The book is about."about animals as animals" (not as models and other motivations for studying them) and how they slice and dice the environment. It is also a book on how scientists do science, how they design experiments, how they challenge their own thinking, how they selected a particular research organism - some love them like no other organism* - to spend a career researching them as well as the history of science.
Yong closes with a discussion on threatened sensescapes: quiet and the dark of night. Our increasingly lighted lands have deep and widespread effects, e.g., bird migration (survival as well as navigation), survival of newly hatched sea turtle, and pollination of plants. Yong writes that "The boundaries of our own Umwelt corral our ability to understand the Umwelten of others." Researcher Travis Longcore adds an emphasis: "'We too quickly forget that we don't perceive the world in the same way as other species, and consequently, we ignore impacts that we shouldn't."

One of the charges of The Natural Sounds and Night Skies Division of the National Park Service (NPS) is "to safeguard the United States' natural soundscapes." This first required mapping them and Kurt Fristrup and his colleagues found that human activity has doubled the background noise levels in 63% of protects spaces, and increased them tenfold in 21 percent" (~500 sites around the nation).

This affects animal calls and songs (how far they can be heard, how loud they now have to be), the timing of morning bird choruses, reproduction in birds (not being able to attract a mate, communication in whales (distances--their calls once stretched from one ocean border to another),and life history features of sea organisms. Yong notes the dimensions of this problem writing that "personal responsibility cannot compensate for societal responsibility.

It surprised me to learn that Jakob von Uexkull wrote a second book that included this observation "about the Umwelt of the astronomer." This is what he said. "'Through gigantic optical aids,' our eyes 'are capable of penetrating outer space as far as the most distant stars. In its [Umwelt], suns and planets circle at a solemn pace.' The tools of astronomy," Yong notes, "can capture stimuli that no animal can naturally sense--X-rays, radio waves, and gravitational waves from colliding black holes. They extend the human Umwelt across the extent of the Universe and back to its very beginning (emphasis added).

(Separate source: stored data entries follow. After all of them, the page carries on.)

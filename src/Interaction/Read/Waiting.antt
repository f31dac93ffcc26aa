-- ===== src/Interaction/Read/Waiting.antt =====
-- winrt/Projection.cpp, ReadAttribute: the thread that waits for a GenericReadState. Admission and the
-- start of the connection come before. A round of the loop sees the cancellation flag (a null pointer
-- reads as `false`), the clock in milliseconds and the state after the callbacks so far.
use matter_winrt.Base.{
  ℕ, suc, ◌+◌, ◌*◌, ◌≤◌, ◌<◌, min, All, ◌≡◌, sym, ◌∙◌, Bool, true, false, Option, none, some, List,
  leb, is_some, if◌then◌else◌, arith,
}
use matter_winrt.Chip.{ChipError, is_error}
use matter_winrt.Poll.{poll, poll_first, poll_returns}
use matter_winrt.Interaction.Read.{Config, State, Callback, initial, run}
use matter_winrt.Interaction.Read.Outcome.{
  CarriesError, ended, failed_open, decoded, latest, read_ends_iff, value-initial,
}

pub data Reading {ℓ} (V : Type ℓ) : Type ℓ where
  -- hresult_canceled, ERROR_TIMEOUT, CheckChipError, E_FAIL without a value.
  canceled timed_out no_value : Reading V
  chip_failure : ChipError → Reading V
  value : V → Reading V

pub record Observation {ℓ} (V : Type ℓ) : Type ℓ where
  pub cancelled : Bool
  pub now : ℕ
  pub heard : List (Callback V)

module _ {ℓ} {V : Type ℓ} where
  -- What is returned once the state is complete.
  unfoldable pub answer : State V → Reading V
  answer s =
      if is_error s.result
      then chip_failure s.result
      else elim s.value [ none ↦ no_value | some v ↦ value v ]

  unfoldable pub round : ℕ → Bool → ℕ → State V → Option (Reading V)
  unfolding answer
  round deadline cancelled now s =
      if s.complete
      then some (answer s)
      else if cancelled
      then some canceled
      else if leb deadline now
      then some timed_out
      else none

-- A wait with a cancellation lasts 100 milliseconds, or to the deadline.
abbrev pub wait_time : ℕ
wait_time = 100

module _ {ℓ} {V : Type ℓ} (c : Config) (seen : ℕ → Observation V) (deadline : ℕ) where
  unfoldable pub state_at : ℕ → State V
  state_at k = run c (initial c) (seen k).heard

  unfoldable pub round_at : ℕ → Option (Reading V)
  unfolding state_at
  round_at k = round deadline (seen k).cancelled (seen k).now (state_at k)

  -- The checks before the connection is started, then the loop.
  unfoldable pub read_attribute : Bool → ℕ → ℕ → Option (Reading V)
  unfolding round_at
  read_attribute cancelled now rounds =
      if cancelled
      then some canceled
      else if leb deadline now
      then some timed_out
      else poll rounds round_at 0

  -- wait_until comes back at its wake time, or earlier with the state complete.
  abbrev pub Waits : Type 0
  Waits =
      (k : ℕ)
      → (state_at (suc k)).complete ≡ false
      → min deadline ((seen k).now + wait_time) ≤ (seen (suc k)).now

  clock : ℕ → ℕ
  unfolding state_at
  clock k = if (state_at k).complete then deadline else (seen k).now

  going_on : (k : ℕ) → round_at k ≡ none → clock k < deadline
  unfolding round_at round clock
  going_on k h = ground arith

  clock_moves :
      Waits → (k : ℕ) → round_at k ≡ none → min deadline (clock k + wait_time) ≤ clock (suc k)
  unfolding round_at round clock
  clock_moves moves k h = ground (arith, moves k)

  -- ReadAttribute returns or throws, within the waits that fit before its deadline.
  pub read_attribute_returns :
      (cancelled : Bool) (now n : ℕ)
      → Waits
      → deadline ≤ (seen 0).now + n * wait_time
      → is_some (read_attribute cancelled now (suc n)) ≡ true
  unfolding read_attribute clock
  read_attribute_returns cancelled now n moves h =
      let e =
        poll_returns n round_at clock deadline wait_time 0 going_on (clock_moves moves)
          (ground arith) in
      ground arith

  answer_value :
      (k : ℕ) (v : V)
      → round_at k ≡ some (value v)
      → ((state_at k).complete ≡ true)
        × (is_error (state_at k).result ≡ false)
        × ((state_at k).value ≡ some v)
  unfolding round_at round
  answer_value k v h = ground arith

  polled :
      (cancelled : Bool) (now rounds : ℕ) (v : V)
      → read_attribute cancelled now rounds ≡ some (value v)
      → poll rounds round_at 0 ≡ some (value v)
  unfolding read_attribute
  polled cancelled now rounds v h = ground arith

  -- A value that ReadAttribute returns is the last one decoded from the reports up to a round in which
  -- the read had ended, and no failure had come before the first Close.
  pub read_attribute_value :
      (cancelled : Bool) (now rounds : ℕ) (v : V)
      → ((k : ℕ) → All (CarriesError c) (seen k).heard)
      → read_attribute cancelled now rounds ≡ some (value v)
      → (k : ℕ) × (ended c (seen k).heard ≡ true)
        × (failed_open c (seen k).heard ≡ false)
        × (latest c none (decoded c (seen k).heard) ≡ some v)
  unfolding state_at
  read_attribute_value cancelled now rounds v carries h =
      let (k, l, e, b) = poll_first rounds round_at 0 (value v) (polled cancelled now rounds v h) in
      let (done, fine, there) = answer_value k v e in
      let ends = read_ends_iff c (seen k).heard (carries k) in
      (k, sym ends.0 ∙ done, sym ends.1 ∙ fine, sym (value-initial c (seen k).heard) ∙ there)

Near the end, Yong points out one of our talents, namely the "ability to dip into other Umwelten is our greatest sensory skill." Take a moment to let that sink in. At the end of the book, Yong writes about this skill and its gift to us. "We may not ever know what it is like to be an octopus, but at least we know octopuses exist, and that their experiences differ from ours. Through patient observation, through the technologies at our disposal, through the scientific method, and, above all, through our curiosity and imagination, we can try to step into their worlds. We must choose to do so, and to have that choice is a gift. It is not a blessing we have earned, but it is one we must cherish."

Yong is a writer I deeply admire and so do other science writers. "What would we do without Ed Yong?," asks Rebecca Skloot (The Immortal Life of Henrietta Lacks) in another dust jacket quote. By the way, all of the dust jacket quotes were useful, each has a sense of authenticity, of the writer having read the book and each provides an angle or angles that told me something about the book. So read them, too.